WHAT YOU NEED TO DO: Repeat verbatim, and only, the lines of the data below, beginning at the line that contains "else if override_row_is_active row now" and stopping after the line that contains "counts as missing.".

(Stored records)
━━━━━━

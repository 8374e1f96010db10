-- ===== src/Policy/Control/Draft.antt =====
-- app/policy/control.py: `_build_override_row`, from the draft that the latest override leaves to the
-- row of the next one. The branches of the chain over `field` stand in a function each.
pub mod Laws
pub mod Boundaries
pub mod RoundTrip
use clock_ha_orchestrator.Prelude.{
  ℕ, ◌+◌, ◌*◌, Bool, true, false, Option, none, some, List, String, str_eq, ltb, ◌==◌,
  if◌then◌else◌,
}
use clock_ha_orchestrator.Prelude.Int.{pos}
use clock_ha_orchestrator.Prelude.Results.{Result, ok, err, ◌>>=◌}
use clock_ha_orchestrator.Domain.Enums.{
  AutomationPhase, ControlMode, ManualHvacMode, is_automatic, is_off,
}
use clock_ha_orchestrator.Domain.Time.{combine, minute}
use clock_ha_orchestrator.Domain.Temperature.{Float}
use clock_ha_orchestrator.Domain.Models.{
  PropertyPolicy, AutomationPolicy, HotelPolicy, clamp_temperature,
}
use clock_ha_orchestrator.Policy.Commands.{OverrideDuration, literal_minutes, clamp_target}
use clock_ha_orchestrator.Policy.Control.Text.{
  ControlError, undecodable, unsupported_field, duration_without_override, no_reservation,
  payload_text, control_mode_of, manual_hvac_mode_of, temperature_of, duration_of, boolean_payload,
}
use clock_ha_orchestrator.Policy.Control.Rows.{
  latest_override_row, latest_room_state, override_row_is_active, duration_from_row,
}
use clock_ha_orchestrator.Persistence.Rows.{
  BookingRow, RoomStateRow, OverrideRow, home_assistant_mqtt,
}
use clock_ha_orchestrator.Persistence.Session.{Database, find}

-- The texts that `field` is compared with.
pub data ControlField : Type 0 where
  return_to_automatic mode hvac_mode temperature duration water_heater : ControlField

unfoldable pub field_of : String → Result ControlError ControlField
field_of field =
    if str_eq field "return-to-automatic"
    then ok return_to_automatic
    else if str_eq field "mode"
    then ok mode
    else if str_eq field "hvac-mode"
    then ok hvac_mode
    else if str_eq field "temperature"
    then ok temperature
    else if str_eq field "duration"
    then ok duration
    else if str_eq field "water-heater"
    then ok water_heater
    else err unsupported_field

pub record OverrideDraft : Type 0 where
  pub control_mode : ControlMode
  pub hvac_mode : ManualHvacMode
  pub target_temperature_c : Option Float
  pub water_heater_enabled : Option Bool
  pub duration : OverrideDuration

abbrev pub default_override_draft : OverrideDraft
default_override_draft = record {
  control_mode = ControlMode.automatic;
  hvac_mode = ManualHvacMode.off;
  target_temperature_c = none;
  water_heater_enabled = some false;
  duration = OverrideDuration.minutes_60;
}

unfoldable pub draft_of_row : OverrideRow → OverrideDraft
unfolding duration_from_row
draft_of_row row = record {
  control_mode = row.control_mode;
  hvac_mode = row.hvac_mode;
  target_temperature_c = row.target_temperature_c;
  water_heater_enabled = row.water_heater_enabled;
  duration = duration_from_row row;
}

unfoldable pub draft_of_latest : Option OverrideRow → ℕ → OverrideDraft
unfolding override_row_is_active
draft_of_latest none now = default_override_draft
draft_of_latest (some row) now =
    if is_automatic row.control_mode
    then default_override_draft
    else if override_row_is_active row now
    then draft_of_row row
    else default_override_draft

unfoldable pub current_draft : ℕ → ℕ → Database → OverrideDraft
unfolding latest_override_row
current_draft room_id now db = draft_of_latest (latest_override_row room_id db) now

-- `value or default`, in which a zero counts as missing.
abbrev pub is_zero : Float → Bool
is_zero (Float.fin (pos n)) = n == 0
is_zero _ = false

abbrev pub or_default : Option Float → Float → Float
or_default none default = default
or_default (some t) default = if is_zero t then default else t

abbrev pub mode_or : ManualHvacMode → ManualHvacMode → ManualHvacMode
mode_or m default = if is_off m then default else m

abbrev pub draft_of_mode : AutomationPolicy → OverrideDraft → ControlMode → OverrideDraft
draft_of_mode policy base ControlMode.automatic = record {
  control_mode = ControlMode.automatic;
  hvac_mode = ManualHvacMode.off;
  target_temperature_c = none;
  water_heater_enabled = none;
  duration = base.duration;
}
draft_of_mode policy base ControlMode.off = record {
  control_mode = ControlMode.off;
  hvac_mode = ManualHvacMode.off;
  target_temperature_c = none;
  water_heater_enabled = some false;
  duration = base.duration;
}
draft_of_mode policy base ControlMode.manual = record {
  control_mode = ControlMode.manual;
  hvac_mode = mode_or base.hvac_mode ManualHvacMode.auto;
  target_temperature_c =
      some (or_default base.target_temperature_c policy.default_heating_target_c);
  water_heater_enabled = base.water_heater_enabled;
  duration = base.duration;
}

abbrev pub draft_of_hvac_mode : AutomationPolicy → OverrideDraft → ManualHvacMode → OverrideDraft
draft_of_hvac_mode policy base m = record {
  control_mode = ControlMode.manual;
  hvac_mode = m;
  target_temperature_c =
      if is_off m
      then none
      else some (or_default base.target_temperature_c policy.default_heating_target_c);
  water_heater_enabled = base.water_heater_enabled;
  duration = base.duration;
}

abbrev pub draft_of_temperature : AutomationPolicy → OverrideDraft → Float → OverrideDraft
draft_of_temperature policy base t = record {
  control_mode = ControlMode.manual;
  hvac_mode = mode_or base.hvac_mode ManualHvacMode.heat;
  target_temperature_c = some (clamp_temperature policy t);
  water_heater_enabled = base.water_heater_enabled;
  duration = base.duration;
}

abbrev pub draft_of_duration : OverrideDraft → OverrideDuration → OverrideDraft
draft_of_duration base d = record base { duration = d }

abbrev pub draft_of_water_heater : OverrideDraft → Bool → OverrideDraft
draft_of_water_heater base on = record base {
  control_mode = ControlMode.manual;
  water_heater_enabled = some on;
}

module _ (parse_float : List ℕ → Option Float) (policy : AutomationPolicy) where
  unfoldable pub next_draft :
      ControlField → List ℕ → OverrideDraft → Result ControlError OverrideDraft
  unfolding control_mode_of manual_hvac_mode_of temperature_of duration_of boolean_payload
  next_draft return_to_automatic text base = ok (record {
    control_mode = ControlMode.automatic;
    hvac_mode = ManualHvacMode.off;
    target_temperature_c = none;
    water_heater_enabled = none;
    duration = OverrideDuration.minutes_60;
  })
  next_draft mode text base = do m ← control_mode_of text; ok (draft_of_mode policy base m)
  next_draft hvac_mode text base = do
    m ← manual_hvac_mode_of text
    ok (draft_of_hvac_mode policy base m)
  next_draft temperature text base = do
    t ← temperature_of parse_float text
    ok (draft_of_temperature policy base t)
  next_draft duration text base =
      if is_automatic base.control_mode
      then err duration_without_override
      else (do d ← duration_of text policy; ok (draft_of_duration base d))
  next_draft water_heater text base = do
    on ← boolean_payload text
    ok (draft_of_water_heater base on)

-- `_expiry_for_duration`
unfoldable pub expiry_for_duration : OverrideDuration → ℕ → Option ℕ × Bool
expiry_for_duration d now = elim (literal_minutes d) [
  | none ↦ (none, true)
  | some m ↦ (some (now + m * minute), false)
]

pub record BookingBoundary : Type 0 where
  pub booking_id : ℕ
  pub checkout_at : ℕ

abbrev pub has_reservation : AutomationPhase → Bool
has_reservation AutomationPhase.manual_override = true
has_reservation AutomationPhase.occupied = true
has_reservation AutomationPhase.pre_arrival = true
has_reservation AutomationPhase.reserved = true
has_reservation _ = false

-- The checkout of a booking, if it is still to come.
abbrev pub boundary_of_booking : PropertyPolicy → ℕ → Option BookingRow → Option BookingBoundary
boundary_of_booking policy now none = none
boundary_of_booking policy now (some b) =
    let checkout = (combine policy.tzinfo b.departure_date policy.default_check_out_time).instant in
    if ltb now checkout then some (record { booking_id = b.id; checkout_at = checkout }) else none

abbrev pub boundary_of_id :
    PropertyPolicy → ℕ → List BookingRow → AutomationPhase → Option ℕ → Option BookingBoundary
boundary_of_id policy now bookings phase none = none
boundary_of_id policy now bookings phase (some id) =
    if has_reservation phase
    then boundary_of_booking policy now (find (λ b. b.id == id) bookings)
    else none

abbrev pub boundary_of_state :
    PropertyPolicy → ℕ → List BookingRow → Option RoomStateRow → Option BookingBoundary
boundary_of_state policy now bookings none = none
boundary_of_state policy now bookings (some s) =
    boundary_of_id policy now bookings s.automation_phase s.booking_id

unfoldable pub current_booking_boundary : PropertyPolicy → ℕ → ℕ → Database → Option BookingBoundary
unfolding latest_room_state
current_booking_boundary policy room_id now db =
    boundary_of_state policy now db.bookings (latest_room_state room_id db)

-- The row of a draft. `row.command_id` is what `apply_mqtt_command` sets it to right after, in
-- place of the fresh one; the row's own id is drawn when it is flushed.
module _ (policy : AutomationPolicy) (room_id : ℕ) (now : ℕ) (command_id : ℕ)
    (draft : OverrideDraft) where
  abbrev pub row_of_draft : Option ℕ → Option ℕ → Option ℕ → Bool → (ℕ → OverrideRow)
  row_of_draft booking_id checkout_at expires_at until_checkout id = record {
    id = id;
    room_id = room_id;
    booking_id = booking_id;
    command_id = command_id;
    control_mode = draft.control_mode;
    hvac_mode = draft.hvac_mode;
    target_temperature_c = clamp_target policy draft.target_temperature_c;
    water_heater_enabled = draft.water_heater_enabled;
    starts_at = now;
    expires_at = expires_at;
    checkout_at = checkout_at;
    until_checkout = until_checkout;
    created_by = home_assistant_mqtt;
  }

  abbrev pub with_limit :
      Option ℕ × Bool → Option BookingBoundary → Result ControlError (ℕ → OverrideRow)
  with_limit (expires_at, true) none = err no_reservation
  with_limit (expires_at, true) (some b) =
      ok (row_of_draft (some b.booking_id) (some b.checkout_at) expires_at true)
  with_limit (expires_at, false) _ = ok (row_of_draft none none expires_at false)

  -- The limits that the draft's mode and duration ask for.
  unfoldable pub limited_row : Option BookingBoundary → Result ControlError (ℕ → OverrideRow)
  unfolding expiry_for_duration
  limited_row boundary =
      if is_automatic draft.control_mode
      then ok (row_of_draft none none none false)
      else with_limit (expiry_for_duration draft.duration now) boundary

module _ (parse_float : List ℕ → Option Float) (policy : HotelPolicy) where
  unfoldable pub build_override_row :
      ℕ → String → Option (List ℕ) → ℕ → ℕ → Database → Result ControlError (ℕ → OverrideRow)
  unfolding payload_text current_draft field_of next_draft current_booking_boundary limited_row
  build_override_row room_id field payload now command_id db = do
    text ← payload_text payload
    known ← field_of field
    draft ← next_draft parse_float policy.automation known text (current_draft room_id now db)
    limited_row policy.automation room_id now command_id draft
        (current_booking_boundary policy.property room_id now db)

━━━━━━

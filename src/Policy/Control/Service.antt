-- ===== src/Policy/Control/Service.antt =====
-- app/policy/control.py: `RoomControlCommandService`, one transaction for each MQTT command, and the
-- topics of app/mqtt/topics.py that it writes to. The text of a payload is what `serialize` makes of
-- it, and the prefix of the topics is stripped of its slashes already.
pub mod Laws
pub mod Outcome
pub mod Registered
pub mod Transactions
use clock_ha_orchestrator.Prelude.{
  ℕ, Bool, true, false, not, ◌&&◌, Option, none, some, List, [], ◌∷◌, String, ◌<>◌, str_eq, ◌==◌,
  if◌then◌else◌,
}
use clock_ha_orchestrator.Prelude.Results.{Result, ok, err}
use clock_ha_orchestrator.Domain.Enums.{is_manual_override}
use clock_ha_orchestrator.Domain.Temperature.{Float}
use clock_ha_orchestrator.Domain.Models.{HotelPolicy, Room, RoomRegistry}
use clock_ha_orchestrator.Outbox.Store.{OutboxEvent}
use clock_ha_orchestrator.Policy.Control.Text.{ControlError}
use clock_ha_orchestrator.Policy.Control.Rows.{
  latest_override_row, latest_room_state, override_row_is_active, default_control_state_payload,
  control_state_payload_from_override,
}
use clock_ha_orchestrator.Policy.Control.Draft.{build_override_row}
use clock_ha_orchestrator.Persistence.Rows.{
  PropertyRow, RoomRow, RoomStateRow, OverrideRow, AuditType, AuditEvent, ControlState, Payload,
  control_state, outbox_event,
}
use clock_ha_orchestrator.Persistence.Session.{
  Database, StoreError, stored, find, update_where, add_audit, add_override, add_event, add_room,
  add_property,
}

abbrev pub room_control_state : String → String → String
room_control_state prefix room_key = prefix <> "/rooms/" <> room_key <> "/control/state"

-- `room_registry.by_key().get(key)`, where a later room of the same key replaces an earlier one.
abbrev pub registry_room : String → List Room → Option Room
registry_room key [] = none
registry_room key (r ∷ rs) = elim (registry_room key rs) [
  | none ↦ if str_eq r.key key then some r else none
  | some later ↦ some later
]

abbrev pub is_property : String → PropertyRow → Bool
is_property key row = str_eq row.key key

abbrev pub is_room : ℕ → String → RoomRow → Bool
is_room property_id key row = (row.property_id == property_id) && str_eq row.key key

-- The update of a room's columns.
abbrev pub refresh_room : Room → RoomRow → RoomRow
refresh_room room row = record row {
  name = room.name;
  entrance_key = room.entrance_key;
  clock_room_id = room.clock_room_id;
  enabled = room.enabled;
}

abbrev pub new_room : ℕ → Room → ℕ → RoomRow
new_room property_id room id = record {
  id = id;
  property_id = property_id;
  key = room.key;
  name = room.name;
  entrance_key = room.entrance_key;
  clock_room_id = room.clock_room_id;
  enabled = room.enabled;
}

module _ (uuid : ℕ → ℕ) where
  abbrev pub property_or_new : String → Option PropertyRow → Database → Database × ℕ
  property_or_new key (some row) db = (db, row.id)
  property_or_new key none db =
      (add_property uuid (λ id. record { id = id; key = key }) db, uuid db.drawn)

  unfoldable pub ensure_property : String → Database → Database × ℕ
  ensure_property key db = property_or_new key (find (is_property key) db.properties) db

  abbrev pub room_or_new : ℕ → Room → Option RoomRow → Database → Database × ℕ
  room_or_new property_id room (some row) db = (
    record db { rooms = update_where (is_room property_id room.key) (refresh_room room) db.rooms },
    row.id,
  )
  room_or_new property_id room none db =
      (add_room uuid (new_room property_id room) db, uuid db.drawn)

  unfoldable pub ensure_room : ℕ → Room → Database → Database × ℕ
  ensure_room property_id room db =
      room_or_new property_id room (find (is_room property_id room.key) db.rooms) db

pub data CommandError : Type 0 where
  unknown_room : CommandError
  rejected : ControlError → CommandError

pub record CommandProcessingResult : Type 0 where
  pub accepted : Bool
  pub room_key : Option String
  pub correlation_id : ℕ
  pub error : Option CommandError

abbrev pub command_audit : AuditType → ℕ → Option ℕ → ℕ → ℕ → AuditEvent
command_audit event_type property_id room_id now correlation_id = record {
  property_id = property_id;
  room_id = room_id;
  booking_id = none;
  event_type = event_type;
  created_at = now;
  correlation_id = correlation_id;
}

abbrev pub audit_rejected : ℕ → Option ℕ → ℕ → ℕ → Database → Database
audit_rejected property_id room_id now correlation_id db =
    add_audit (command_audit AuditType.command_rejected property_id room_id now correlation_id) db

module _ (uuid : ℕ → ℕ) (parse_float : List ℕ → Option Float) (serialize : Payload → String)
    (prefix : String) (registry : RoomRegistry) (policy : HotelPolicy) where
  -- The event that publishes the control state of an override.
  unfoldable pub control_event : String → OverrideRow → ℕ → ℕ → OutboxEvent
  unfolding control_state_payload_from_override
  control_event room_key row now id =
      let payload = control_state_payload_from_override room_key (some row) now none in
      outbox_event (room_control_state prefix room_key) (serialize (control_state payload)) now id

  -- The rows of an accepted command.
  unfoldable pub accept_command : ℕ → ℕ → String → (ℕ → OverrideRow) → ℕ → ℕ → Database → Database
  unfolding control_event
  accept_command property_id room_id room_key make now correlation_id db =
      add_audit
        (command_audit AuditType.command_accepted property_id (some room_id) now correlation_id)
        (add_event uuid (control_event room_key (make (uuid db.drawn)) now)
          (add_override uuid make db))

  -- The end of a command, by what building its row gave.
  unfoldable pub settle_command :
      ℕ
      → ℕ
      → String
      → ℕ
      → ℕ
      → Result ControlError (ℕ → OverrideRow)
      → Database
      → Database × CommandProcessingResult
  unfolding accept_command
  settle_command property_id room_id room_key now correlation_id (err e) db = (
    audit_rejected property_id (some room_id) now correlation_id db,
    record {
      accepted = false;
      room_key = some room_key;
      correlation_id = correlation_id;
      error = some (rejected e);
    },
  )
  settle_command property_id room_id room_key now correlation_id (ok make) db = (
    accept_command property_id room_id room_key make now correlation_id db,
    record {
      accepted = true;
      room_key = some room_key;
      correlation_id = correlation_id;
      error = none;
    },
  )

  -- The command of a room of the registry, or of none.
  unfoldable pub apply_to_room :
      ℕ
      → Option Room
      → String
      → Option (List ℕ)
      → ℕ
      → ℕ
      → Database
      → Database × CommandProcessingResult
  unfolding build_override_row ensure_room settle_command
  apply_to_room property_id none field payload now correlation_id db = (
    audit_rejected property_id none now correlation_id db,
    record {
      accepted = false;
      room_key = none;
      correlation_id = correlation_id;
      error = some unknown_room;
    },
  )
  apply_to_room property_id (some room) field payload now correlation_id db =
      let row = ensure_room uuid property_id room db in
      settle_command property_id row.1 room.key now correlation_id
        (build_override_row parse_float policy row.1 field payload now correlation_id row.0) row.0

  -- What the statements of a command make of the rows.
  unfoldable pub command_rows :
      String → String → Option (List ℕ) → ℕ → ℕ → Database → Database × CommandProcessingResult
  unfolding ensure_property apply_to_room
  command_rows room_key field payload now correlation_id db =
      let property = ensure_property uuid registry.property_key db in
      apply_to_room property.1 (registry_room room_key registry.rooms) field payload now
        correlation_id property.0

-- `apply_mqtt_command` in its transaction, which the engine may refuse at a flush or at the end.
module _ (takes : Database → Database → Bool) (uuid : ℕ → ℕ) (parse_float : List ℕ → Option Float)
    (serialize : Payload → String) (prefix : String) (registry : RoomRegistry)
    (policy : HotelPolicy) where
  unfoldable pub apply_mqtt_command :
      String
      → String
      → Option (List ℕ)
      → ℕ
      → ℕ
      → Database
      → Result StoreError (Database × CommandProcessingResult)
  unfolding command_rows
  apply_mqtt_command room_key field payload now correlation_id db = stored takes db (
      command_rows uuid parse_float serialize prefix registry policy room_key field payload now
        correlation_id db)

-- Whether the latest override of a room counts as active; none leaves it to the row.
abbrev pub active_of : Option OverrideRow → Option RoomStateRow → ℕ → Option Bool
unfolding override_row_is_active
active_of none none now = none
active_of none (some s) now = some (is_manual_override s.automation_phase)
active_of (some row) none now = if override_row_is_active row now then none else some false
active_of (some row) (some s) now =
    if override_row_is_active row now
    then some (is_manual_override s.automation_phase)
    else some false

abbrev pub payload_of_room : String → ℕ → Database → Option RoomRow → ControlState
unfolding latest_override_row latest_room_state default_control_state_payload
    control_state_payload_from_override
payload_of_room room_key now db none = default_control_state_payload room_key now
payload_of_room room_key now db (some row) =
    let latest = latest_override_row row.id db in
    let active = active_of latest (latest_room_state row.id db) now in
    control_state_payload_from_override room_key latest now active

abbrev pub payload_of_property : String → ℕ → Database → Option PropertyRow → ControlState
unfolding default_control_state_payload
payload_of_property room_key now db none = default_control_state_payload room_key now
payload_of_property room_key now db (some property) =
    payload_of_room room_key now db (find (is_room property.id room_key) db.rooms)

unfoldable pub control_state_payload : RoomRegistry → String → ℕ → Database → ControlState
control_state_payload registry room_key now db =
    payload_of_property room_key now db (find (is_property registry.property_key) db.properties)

━━━━━━

SOLVED EXERCISE:
    else if override_row_is_active row now
    then draft_of_row row
    else default_override_draft

unfoldable pub current_draft : ℕ → ℕ → Database → OverrideDraft
unfolding latest_override_row
current_draft room_id now db = draft_of_latest (latest_override_row room_id db) now

-- `value or default`, in which a zero counts as missing.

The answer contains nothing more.